SAND SPRINGS, Okla. (KTUL) — There’s a minister in Sand Springs that has a past like you wouldn’t believe. He was in prison for 23 years for murder. But he’s making his second chance count.
His tattoos are constant reminders of a life lived mostly behind bars.
“At 15 [years old] I got a life sentence for 2nd-degree murder,” Jason Jones says.
His mother left his family when Jason was 10-years-old. He acted out.
“It created a sense of abandonment in me,” he remembers. “So all these cars I was stealing, I would steal these cars and drive them to Texas where she lived. I was chasing my mom, basically.”
He got caught. Jones was sent to a drug rehab ranch in lieu of jail.
“I pretty much just lost it, you know,” he says.
He lost it even more when he heard this.
“My stepdad had been drinking,” he remembers. “And hit [my mom] a few times.”
He felt like he needed to get to his mother. So he tried an escape.
“So in the process of trying to get out of this rehab facility, I got caught by a security guard,” he says. “And I panicked and ended up taking the security guard’s life.”
After 13 years of his life sentence in prison gangs, a then 28-year-old Jones met a seminary student he’ll never forget.
“It was the love of Christ shining through him,” he says. “He wasn’t there to judge me. It didn’t matter what I’d done.”
He turned to Christ, leaving the gang he was involved in, putting his life at risk. He says God was his protector and got more involved in prison ministry.

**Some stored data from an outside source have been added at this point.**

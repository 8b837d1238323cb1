-- ===== src/Grin/Core/Spend/ChangeCoin.antt =====
-- Which inputs spend_coins takes, and the coin that the sender keeps (src/grin/grin_core.rs).
use mw_btc_swap.Prelude.{
  ℕ, ◌+◌, ◌-◌, ◌<◌, ◌≡◌, ◌≢◌, ◌⊎◌, inl, inr, sym, ap, Option, none, some, List, [], ok,
  unwrap_option, Profile, u64_mod, ltb, ltb→lt, arith, Bool-cases, then_branch, else_branch,
}
use mw_btc_swap.Prelude.Results.{>>=-returns, ok_injective, some_of}
use mw_btc_swap.Bitcoin.Crate.{BitcoinLib}
use mw_btc_swap.Swap.World.{to_i64}
use mw_btc_swap.Grin.Types.{MwCoin}
use mw_btc_swap.Grin.Crate.{GrinTypes, GrinCrate, empty_sum}
use mw_btc_swap.Grin.Routines.{GrinCore, new_coin}
use mw_btc_swap.Grin.Core.{SpendCoinsResult}
use mw_btc_swap.Grin.Core.Spend.{
  Change, add_inputs, add_change, add_coins, change_of, change_coin_of, spend_coins,
}
use mw_btc_swap.Grin.Core.Spend.Inputs.{total, Distinct}
use mw_btc_swap.Grin.Core.Spend.Accepts.{fee_of, Covers, spend_coins-Spent}

change_of-minus :
    (inpval fund_value fee : ℕ) {v : ℕ}
    → change_of inpval fund_value fee ≡ ok v
    → v ≡ inpval - (fund_value + fee)
unfolding change_of
change_of-minus inpval fund_value fee run =
    let (a, e1, run1) = >>=-returns (to_i64 inpval) _ run in
    let (b, e2, run2) = >>=-returns (to_i64 fund_value) _ run1 in
    let (c, e3, run3) = >>=-returns (to_i64 fee) _ run2 in omega (arith, ok_injective run3)

module _ {lib : BitcoinLib} {t : GrinTypes} (g : GrinCrate lib t) where
  -- A coin of what is left under a commitment to it, or no coin where nothing is left.
  abbrev pub Keeps : ℕ → Option MwCoin → Type 0
  Keeps left coin =
      ((left ≡ 0) × (coin ≡ none))
      ⊎ ((0 < left)
          × ((c : t.Commitment) × (k : t.SecretKey) × (g.commit left k ≡ some c)
              × (coin ≡ some (new_coin g c k left))))

  add_coins-Keeps :
      (inputs : List MwCoin) (v : ℕ) (key rew_nonce prf_nonce : t.SecretKey) {change : Change g}
      → add_coins g inputs v key rew_nonce prf_nonce ≡ ok change
      → Keeps v (change_coin_of g change.commitment key v)
  unfolding add_coins add_change
  add_coins-Keeps inputs v key rew_nonce prf_nonce {change} run =
      let (added, e1, run1) = >>=-returns (add_inputs g inputs empty_sum) _ run in
      elim (Bool-cases (ltb 0 v)) [
        | inl some_change ↦
            let (c, e2, run2) =
              >>=-returns (unwrap_option (g.commit v key)) _
                (then_branch (ltb 0 v) _ _ some_change run1) in
            let same = ok_injective {b = change} run2 in
            inr (
              ltb→lt 0 v some_change,
              (c, key, some_of _ e2, ap (λ x. change_coin_of g x.commitment key v) (sym same)),
            )
        | inr no_change ↦
            let same = ok_injective {b = change} (else_branch (ltb 0 v) _ _ no_change run1) in
            inl (ground arith, ap (λ x. change_coin_of g x.commitment key v) (sym same))
      ]

  -- If spend_coins succeeds, with the sum of the inputs and the sum of fund value and fee below
  -- 2^64: there are inputs, no two of them with the same commitment, the fund value is not 0, the
  -- inputs cover it, and with two or more outputs cover the fee too; what is left after both is
  -- the value of the change coin, whose commitment is to it, and there is no change coin where
  -- nothing is left.
  pub spend_coins-Keeps :
      (p : Profile) (inputs : List MwCoin) (fund_value timelock n participants : ℕ) (s : GrinCore t)
      {s' : GrinCore t} {r : SpendCoinsResult t}
      → total inputs < u64_mod
      → fund_value + fee_of g inputs n < u64_mod
      → spend_coins g p inputs fund_value timelock n participants s ≡ (ok r, s')
      → (inputs ≢ [])
        × (0 < fund_value)
        × Distinct inputs
        × Covers (total inputs) fund_value (fee_of g inputs n) n
        × Keeps (total inputs - (fund_value + fee_of g inputs n)) r.change_coin
  spend_coins-Keeps p inputs fund_value timelock n participants s {r = r} in_range sum_in_range
        run =
      let (nonempty, positive, distinct, covers, (keys, spent)) =
        spend_coins-Spent g p inputs fund_value timelock n participants s in_range sum_in_range
          run in
      let left =
        change_of-minus (total inputs) fund_value (fee_of g inputs n) spent.is_change_value in
      (
        nonempty,
        positive,
        distinct,
        covers,
        rw (spent.is_coin, ← left)
            (add_coins-Keeps inputs spent.change_value keys.change_coin_key keys.rew_nonce
              keys.prf_nonce spent.is_change),
      )
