-- ===== src/Grin/Protocols.antt =====
-- src/grin/grin_tx.rs: the protocols in which two parties make a Mimblewimble transaction, each
-- with a function for either party. A party has its keychain and its end of the TCP stream.
pub mod Shared
pub mod Spending
pub mod Contract
pub mod Messages
use mw_btc_swap.Prelude.{ℕ, Text, Option, some, none, List, true, unwrap, unwrap_option, Profile}
use mw_btc_swap.Prelude.Actions.{Action, pure, lift, after, ◌>>=◌, ◌>>◌}
use mw_btc_swap.Net.Tcp.{Stream, send_msg, receive_msg}
use mw_btc_swap.Bitcoin.Crate.{BitcoinLib}
use mw_btc_swap.Grin.Types.{MwCoin}
use mw_btc_swap.Grin.Crate.{GrinTypes, GrinCrate, Slate}
use mw_btc_swap.Grin.Routines.{GrinCore}
use mw_btc_swap.Grin.Ops.{DBuildMwTxResult}
use mw_btc_swap.Grin.Core.Spend.{spend_coins}
use mw_btc_swap.Grin.Core.Recv.{recv_coins}
use mw_btc_swap.Grin.Core.Fin.{fin_tx}

abbrev pub Party : GrinTypes → Type 0 → Type 0
Party t A = Action (GrinCore t × Stream) A

module _ {t : GrinTypes} {A : Type 0} where
  unfoldable pub on_core : Action (GrinCore t) A → Party t A
  on_core m s = let (r, core) = m s.0 in (r, (core, s.1))

  unfoldable pub on_line : Action Stream A → Party t A
  on_line m s = let (r, stream) = m s.1 in (r, (s.0, stream))

  -- `r.unwrap()`
  abbrev pub must : Option A → Party t A
  must o = lift (unwrap_option o)

module _ {lib : BitcoinLib} {t : GrinTypes} (g : GrinCrate lib t) (p : Profile) where
  -- `send_msg(stream, &serde_json::to_string(&slate).unwrap())`
  unfoldable pub send_slate : Slate t → Party t Unit
  send_slate slate = do text ← must (g.slate_to_text slate); on_line (send_msg p text)

  -- `receive_msg(stream)`
  unfoldable pub receive_text : Party t Text
  receive_text = on_line (receive_msg p)

  -- `Slate::deserialize_upgrade(&receive_msg(stream)).unwrap()`
  unfoldable pub receive_slate : Party t (Slate t)
  receive_slate = do text ← receive_text; must (g.deserialize_upgrade text)

  unfoldable pub dbuildmw_tx_alice : List MwCoin → ℕ → ℕ → Party t (DBuildMwTxResult (Slate t))
  dbuildmw_tx_alice inp fund_value timelock = do
    spend ← on_core (spend_coins g p inp fund_value timelock 2 2)
    send_slate spend.slate
    ptx2 ← receive_slate
    fin ← after unwrap (on_core (fin_tx g ptx2 spend.sig_key spend.sig_nonce true none none))
    send_slate fin
    pure (record { tx = fin; coin = spend.change_coin })

  unfoldable pub dbuild_mw_tx_bob : ℕ → Party t (DBuildMwTxResult (Slate t))
  dbuild_mw_tx_bob fund_value = do
    ptx ← receive_slate
    ptx2 ← after unwrap (on_core (recv_coins g ptx fund_value))
    send_slate ptx2.slate
    tx ← receive_slate
    pure (record { tx = tx; coin = some ptx2.output_coin })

“We have a youthful offender program here at the prison,” he says. “And the unit manager approached us about starting a young men’s ministry. And I was like ok.”
“Whenever I got to a place in my walk and my journey with Christ,” he says. “Where I was completely content where I was, no matter where I was, that’s when doors opened for me.”
Eventually, in 2012 and after 23 years, it was the prison doors that opened. And he started his search for a church.
“Initially it was a struggle,” he says. “Finding a place where I was a good fit.”
He found Church that Matters in Sand Springs after a brief stint leading a church in Muskogee.
“How many churches do you know that have an ex-murderer on their staff?” jokes Pastor Rusty Gunn.
And Gunn gave him a job. He created a full-time position for a man he saw living his life poured out for Christ.
“What really excited me was hearing him talk so boldly about his story,” Gunn says. “And how God had delivered him.”
It’s a church of second chances.
“Well, and a third and fourth and fifth and a million chances,” Gunn says. “Because that’s what God’s given me.”
“I see so many needs in this community that God can meet,” Jones says as his emotions get the best of him. “And it’s a blessing to be used by him.”
Now the convict is leading the congregation.
“The freedom that I want to see people have,” Gunn says. “Is the freedom I see in Jason.”
Jason and the Church that Matters are going to start a food truck ministry. They’ll be using the money they raise to build or buy a house to use as a sober living facility for people coming out of rehab.